# Vulcan at Bruntingthorpe



## Royzee617 (Aug 13, 2005)

Some footage of the taxiable Vulcan that lives at Bruntingthorpe. Hope to get up there in person some time soon.


----------



## Nonskimmer (Aug 13, 2005)




----------



## dysonsphere (Dec 30, 2005)

For those of you interested the Vulcan in that clip should fly again bye the end of 2006

Yippiee ill be there (I hope)


----------



## FLYBOYJ (Dec 30, 2005)

Very Very Cool!

I like the way the just lifted the nose up!!!


----------



## R988 (Dec 31, 2005)

Not old enough to have seen a Vulcan flying 
Good to hear she will be flying by the end of '06, bring on the new year! 
Even standing still the Vulcan is an impressive sight, seeing it fly must be incredible.

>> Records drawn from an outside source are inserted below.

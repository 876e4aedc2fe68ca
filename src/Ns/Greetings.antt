-- ===== src/Ns/Greetings.antt =====
-- The handlers of HELLO and BYE in src/ns.c.
use qrtr.Base.{ℕ, ◌<◌, inl, inr, List, [], ◌∷◌, ltb, Bool-cases, Option-cases, u32_mod}
use qrtr.Packet.{Sockaddr, CtrlPkt}
use qrtr.Ns.State.{Message, Ns, Env, bytes, emit}
use qrtr.Ns.Registry.{node_get}
use qrtr.Ns.Control.{ctrl_cmd_hello, ctrl_cmd_bye, remove_servers, tell_local, bye_pkt}
use qrtr.Ns.Notices.{tell_servers-sending}
use qrtr.Ns.Invariant.{IsRegistry, IsSane}
use qrtr.Ns.Acts.{
  Acts, Acts-trans, sending-Acts, get-Acts, got-IsServices, announce-Acts, remove_servers-Acts,
}

-- The packets to the local servers change no table.
pub tell_local-Acts :
    (env : Env) (ns : Ns) (node_id home : ℕ) (pkt : CtrlPkt)
    → IsSane env
    → IsRegistry ns
    → home < u32_mod
    → Acts ns node_id (tell_local env ns home pkt).0
unfolding tell_local
tell_local-Acts env ns node_id home pkt sane r h =
    let a = get-Acts env ns node_id home sane r h in
    let s = (node_get env ns home).0 in
    elim (Option-cases (node_get env ns home).1) [
      | inl f ↦ rw (f, tell_local) a
      | inr (l, f) ↦
          let good = got-IsServices env ns home l sane r h f in
          rw (f, tell_local)
            (rw (tell_servers-sending s pkt l.services good.valid.width)
              (Acts-trans ns s _ node_id a (sending-Acts s node_id _ a.registry)))
    ]

module _ (env : Env) (ns : Ns) (sane : IsSane env) (r : IsRegistry ns) (from : Sockaddr)
    (small : from.node < u32_mod) where
  pub hello-Acts : (buf : List ℕ) → Acts ns from.node (ctrl_cmd_hello env ns from buf).0
  unfolding ctrl_cmd_hello
  hello-Acts buf =
      let m : Message = record { to = from; payload = bytes buf } in
      let one = sending-Acts ns from.node (m ∷ []) r in
      elim (Option-cases (env.sendto m)) [
        | inl e ↦ rw (e, ctrl_cmd_hello) one
        | inr (n, e) ↦
            rw (e, ctrl_cmd_hello)
              (elim (Bool-cases (ltb 0 n)) [
                | inl f ↦ rw f (
                    Acts-trans ns (emit ns m) _ from.node one
                      (announce-Acts env (emit ns m) from from.node sane one.registry))
                | inr f ↦ rw f one
              ])
      ]

  pub bye-Acts : Acts ns from.node (ctrl_cmd_bye env ns from).0
  unfolding ctrl_cmd_bye
  bye-Acts = elim (Option-cases (node_get env ns from.node).1) [
    | inl e ↦ rw (e, ctrl_cmd_bye) (get-Acts env ns from.node from.node sane r small)
    | inr (n, e) ↦
        let s₁ = (node_get env ns from.node).0 in
        let a₁ = get-Acts env ns from.node from.node sane r small in
        let s₂ = remove_servers env s₁ from.node in
        let a₂ = remove_servers-Acts env s₁ from.node a₁.registry small in
        rw (e, ctrl_cmd_bye)
          (Acts-trans ns s₁ _ from.node a₁ (
            Acts-trans s₁ s₂ _ from.node a₂ (
              tell_local-Acts env s₂ from.node ns.local_node (bye_pkt from.node) sane a₂.registry
                r.home)))
  ]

Got any B-52 or B47 videos? or indeed any more of the early cold war bombers from any side? They are some of my favourites 8)


----------



## Royzee617 (Jan 2, 2006)

Loads... now where did it put them?

The Vulcan is probably my fave jet bomber but like most of the others... B1 and B52 especially. But I dunno why but I am not so keen on the B2.

We were lucky that they had the farewell sirshow for the Vulcan nearby in Cranfield... all those years ago. Wistful sigh.


----------